WORK ITEM - Every line from the one that includes "the default members." to the end of the entries should be written out exactly, with the first and last included.

Stored records -
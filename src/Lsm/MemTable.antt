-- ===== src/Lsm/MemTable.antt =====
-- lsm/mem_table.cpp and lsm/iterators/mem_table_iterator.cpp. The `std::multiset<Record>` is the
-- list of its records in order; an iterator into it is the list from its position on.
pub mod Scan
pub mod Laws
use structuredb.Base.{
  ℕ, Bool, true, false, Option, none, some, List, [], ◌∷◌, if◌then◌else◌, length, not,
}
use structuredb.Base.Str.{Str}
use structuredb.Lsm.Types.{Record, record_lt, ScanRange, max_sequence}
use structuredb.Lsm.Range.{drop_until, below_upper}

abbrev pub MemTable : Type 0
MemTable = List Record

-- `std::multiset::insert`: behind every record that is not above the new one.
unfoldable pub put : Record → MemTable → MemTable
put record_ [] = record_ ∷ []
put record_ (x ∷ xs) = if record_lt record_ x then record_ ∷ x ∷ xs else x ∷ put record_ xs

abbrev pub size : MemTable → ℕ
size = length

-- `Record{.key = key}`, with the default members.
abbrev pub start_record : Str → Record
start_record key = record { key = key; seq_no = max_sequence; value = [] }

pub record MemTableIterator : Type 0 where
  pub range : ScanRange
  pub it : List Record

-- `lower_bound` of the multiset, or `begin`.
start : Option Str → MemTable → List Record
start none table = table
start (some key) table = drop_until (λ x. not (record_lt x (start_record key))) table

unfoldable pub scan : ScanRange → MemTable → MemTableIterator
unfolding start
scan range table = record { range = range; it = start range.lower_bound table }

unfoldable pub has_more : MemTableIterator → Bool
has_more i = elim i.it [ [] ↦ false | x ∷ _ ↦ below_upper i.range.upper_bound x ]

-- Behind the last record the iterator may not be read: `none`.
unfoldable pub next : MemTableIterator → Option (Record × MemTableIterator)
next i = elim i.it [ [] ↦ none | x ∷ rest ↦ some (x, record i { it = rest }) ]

SOLUTION FOR THIS EXERCISE -
-- `Record{.key = key}`, with the default members.
abbrev pub start_record : Str → Record
start_record key = record { key = key; seq_no = max_sequence; value = [] }

pub record MemTableIterator : Type 0 where
  pub range : ScanRange
  pub it : List Record

-- `lower_bound` of the multiset, or `begin`.
start : Option Str → MemTable → List Record
start none table = table
start (some key) table = drop_until (λ x. not (record_lt x (start_record key))) table

unfoldable pub scan : ScanRange → MemTable → MemTableIterator
unfolding start
scan range table = record { range = range; it = start range.lower_bound table }

unfoldable pub has_more : MemTableIterator → Bool
has_more i = elim i.it [ [] ↦ false | x ∷ _ ↦ below_upper i.range.upper_bound x ]

-- Behind the last record the iterator may not be read: `none`.
unfoldable pub next : MemTableIterator → Option (Record × MemTableIterator)
next i = elim i.it [ [] ↦ none | x ∷ rest ↦ some (x, record i { it = rest }) ]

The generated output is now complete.